Abstract WP402: Randomised Controlled Trial Of Motivational Interviewing Early After Acute Stroke - The Effect Of Using Different Cut-Points For Mood
Background: Mood problems are detrimental to recovery post-stroke. Of the different approaches to treating mood disorders, Motivational Interviewing (MI) - a patient-centred talk-based therapy - has been shown to have a beneficial effect at 3- and 12-months post-stroke in a single-centre randomized controlled trial (RCT).

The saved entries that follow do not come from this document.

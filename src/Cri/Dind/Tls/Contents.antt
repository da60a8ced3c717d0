-- ===== src/Cri/Dind/Tls/Contents.antt =====
-- What an archive holds, and what configuration it describes, without the loop that reads it
-- (`tlsConfigFromTar`, internal/cri/dind.go).
use taskcluster_multistage_d.Common.{
  Bool, true, false, ℕ, Option, none, some, List, [], ◌∷◌, ◌++◌, String, str_eq,
}
use taskcluster_multistage_d.Worker.Calls.{Result, ok, err}
use taskcluster_multistage_d.Cri.Dind.Tls.{TarEntry, TlsConfig}

abbrev pub cert_file : String
cert_file = "client/cert.pem"

abbrev pub key_file : String
key_file = "client/key.pem"

abbrev pub ca_file : String
ca_file = "client/ca.pem"

-- The contents of the regular files of a name, in their order.
abbrev pub add_content : Bool → Bool → Result (List ℕ) → List (List ℕ) → List (List ℕ)
add_content true same content rest = rest
add_content false false content rest = rest
add_content false true (err e) rest = rest
add_content false true (ok content) rest = content ∷ rest

abbrev pub contents : String → List TarEntry → List (List ℕ)
contents name [] = []
contents name (f ∷ fs) = add_content f.is_dir (str_eq f.name name) f.content (contents name fs)

abbrev pub IsReadable : Bool → Result (List ℕ) → Type 0
IsReadable true content = Unit {0}
IsReadable false (ok content) = Unit {0}
IsReadable false (err e) = ⊥

abbrev pub AllReadable : List TarEntry → Type 0
AllReadable [] = Unit {0}
AllReadable (f ∷ fs) = IsReadable f.is_dir f.content × AllReadable fs

abbrev pub AtMostOne : List (List ℕ) → Type 0
AtMostOne [] = Unit {0}
AtMostOne (x ∷ []) = Unit {0}
AtMostOne (x ∷ y ∷ ys) = ⊥

abbrev pub to_list : Option (List ℕ) → List (List ℕ)
to_list none = []
to_list (some x) = x ∷ []

abbrev pub Waits : Option (List ℕ) → Option (List ℕ) → Type 0
Waits (some cert) (some key) = ⊥
Waits none key = Unit {0}
Waits (some cert) none = Unit {0}

module _ {Pair : Type 0} where
  abbrev pub one_pair : Result Pair → Result (List Pair)
  one_pair (ok pair) = ok (pair ∷ [])
  one_pair (err e) = err e

  -- A configuration that has grown by certificate authorities and pairs.
  abbrev pub grow : TlsConfig Pair → List (List ℕ) → Result (List Pair) → Result (TlsConfig Pair)
  grow config cas (err e) = err e
  grow config cas (ok pairs) =
      ok (record { root_cas = config.root_cas ++ cas; certificates = config.certificates ++ pairs })

module _ {Pair : Type 0} (x509_key_pair : List ℕ → List ℕ → Result Pair) where
  -- The pair of the one certificate and the one key, if there are both.
  abbrev pub pairs_of : List (List ℕ) → List (List ℕ) → Result (List Pair)
  pairs_of (cert ∷ []) (key ∷ []) = one_pair (x509_key_pair cert key)
  pairs_of [] keys = ok []
  pairs_of (cert ∷ certs) [] = ok []
  pairs_of (cert ∷ a ∷ certs) (key ∷ keys) = ok []
  pairs_of (cert ∷ []) (key ∷ a ∷ keys) = ok []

Mood was assessed by the General Health Questionnaire-28 (GHQ-28) using a cut-point 4/5. The purpose of this study was to explore the association between the effect of MI on mood and different recommended cut-points on the GHQ-28.
Methods: In the RCT, consecutive patients on a hospital stroke register who met the inclusion criteria were randomised, balanced on age, sex, function, and location, to either usual stroke care (USC) or USC plus MI. Patients in the MI group received four weekly sessions of MI starting 2- to 4-weeks post-stroke. Logistic regression modelling was used to explore the effects of MI on mood when cut-points 5/6 and 11/12 were used.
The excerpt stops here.